» What you are asked to do
Reproduce, exactly and in full, only the lines below from the one containing "repository 1d7e63bf4dabee22" through the one containing "waiting-IsReady : (p".

» Excerpted data
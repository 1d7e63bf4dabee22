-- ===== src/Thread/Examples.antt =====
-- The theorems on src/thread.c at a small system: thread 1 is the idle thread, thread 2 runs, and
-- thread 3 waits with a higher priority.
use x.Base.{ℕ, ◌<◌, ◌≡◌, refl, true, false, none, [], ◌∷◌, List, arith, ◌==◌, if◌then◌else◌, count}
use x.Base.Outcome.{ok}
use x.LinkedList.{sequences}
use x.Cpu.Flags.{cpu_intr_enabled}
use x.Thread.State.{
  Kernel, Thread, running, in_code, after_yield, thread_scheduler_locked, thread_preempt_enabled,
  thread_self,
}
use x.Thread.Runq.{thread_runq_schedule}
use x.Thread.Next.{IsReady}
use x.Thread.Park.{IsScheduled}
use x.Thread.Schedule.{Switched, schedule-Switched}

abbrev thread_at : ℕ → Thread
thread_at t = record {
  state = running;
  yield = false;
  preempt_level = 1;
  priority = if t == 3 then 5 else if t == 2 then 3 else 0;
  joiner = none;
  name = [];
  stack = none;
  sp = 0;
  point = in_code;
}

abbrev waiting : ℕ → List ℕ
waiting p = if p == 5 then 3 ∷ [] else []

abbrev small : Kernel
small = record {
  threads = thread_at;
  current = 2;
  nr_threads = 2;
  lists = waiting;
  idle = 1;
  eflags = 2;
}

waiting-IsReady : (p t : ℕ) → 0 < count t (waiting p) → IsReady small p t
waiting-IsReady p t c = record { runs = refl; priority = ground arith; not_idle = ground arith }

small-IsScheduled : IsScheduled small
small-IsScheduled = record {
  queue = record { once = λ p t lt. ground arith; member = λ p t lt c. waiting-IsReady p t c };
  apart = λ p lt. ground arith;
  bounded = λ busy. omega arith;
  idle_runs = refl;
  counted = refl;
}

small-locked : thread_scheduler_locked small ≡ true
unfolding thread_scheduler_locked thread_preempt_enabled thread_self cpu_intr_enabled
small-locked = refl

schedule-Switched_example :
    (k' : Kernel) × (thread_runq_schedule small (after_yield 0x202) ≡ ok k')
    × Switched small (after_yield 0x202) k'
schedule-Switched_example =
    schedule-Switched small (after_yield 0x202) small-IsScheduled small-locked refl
...
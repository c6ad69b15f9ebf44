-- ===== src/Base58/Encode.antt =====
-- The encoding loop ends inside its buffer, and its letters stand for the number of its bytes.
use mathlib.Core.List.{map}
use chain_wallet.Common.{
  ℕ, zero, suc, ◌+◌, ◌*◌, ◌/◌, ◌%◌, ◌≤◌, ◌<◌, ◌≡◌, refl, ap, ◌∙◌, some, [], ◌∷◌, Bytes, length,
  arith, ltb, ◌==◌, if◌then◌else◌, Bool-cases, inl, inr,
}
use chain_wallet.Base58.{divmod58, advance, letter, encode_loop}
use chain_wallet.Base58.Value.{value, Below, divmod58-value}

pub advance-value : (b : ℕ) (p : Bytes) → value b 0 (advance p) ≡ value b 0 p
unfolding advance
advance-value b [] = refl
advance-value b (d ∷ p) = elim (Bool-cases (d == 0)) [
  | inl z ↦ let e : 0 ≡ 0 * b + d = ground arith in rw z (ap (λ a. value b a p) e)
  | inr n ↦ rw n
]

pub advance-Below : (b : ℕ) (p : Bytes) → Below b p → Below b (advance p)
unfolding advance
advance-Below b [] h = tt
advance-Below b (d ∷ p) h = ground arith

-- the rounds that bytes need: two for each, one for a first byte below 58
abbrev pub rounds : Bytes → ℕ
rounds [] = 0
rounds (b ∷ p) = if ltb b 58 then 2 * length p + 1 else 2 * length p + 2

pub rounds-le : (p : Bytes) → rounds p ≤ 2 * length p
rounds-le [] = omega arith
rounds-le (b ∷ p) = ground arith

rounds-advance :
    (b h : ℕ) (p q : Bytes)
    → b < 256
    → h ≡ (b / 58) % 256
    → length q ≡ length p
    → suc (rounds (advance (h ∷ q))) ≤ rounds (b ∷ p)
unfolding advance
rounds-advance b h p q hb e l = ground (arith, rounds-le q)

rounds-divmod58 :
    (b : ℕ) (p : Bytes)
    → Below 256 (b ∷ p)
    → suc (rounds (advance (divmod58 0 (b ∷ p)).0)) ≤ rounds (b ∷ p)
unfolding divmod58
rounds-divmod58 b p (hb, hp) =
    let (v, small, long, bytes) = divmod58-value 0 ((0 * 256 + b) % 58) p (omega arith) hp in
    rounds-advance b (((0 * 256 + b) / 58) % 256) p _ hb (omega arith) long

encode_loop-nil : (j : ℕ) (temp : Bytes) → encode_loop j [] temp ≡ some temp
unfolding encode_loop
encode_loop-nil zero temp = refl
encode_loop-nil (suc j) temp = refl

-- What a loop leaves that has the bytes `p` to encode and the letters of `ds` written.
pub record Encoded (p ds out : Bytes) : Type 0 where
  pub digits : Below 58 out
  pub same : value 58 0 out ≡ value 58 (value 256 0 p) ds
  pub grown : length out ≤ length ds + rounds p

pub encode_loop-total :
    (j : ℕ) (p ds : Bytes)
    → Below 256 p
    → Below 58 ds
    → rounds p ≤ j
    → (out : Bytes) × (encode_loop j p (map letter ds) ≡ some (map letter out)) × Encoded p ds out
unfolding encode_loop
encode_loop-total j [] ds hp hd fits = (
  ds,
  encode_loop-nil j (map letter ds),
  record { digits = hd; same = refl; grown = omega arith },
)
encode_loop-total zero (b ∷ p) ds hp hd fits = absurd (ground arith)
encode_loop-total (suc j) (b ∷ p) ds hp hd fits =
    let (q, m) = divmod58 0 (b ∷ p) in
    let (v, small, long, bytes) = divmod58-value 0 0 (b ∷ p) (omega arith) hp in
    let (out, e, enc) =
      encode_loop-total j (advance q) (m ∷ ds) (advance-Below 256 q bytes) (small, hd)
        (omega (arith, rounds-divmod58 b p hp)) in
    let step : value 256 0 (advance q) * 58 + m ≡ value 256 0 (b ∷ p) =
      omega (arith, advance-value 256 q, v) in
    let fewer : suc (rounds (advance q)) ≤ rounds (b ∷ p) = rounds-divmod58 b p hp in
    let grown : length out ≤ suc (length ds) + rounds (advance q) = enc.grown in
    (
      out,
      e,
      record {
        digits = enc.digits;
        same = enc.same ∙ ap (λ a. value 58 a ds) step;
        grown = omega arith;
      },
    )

» The answer
repository 1d7e63bf4dabee22
-- ===== src/Thread/Examples.antt =====
-- The theorems on src/thread.c at a small system: thread 1 is the idle thread, thread 2 runs, and
-- thread 3 waits with a higher priority.
use x.Base.{ℕ, ◌<◌, ◌≡◌, refl, true, false, none, [], ◌∷◌, List, arith, ◌==◌, if◌then◌else◌, count}
use x.Base.Outcome.{ok}
use x.LinkedList.{sequences}
use x.Cpu.Flags.{cpu_intr_enabled}
use x.Thread.State.{
  Kernel, Thread, running, in_code, after_yield, thread_scheduler_locked, thread_preempt_enabled,
  thread_self,
}
use x.Thread.Runq.{thread_runq_schedule}
use x.Thread.Next.{IsReady}
use x.Thread.Park.{IsScheduled}
use x.Thread.Schedule.{Switched, schedule-Switched}

abbrev thread_at : ℕ → Thread
thread_at t = record {
  state = running;
  yield = false;
  preempt_level = 1;
  priority = if t == 3 then 5 else if t == 2 then 3 else 0;
  joiner = none;
  name = [];
  stack = none;
  sp = 0;
  point = in_code;
}

abbrev waiting : ℕ → List ℕ
waiting p = if p == 5 then 3 ∷ [] else []

abbrev small : Kernel
small = record {
  threads = thread_at;
  current = 2;
  nr_threads = 2;
  lists = waiting;
  idle = 1;
  eflags = 2;
}

waiting-IsReady : (p t : ℕ) → 0 < count t (waiting p) → IsReady small p t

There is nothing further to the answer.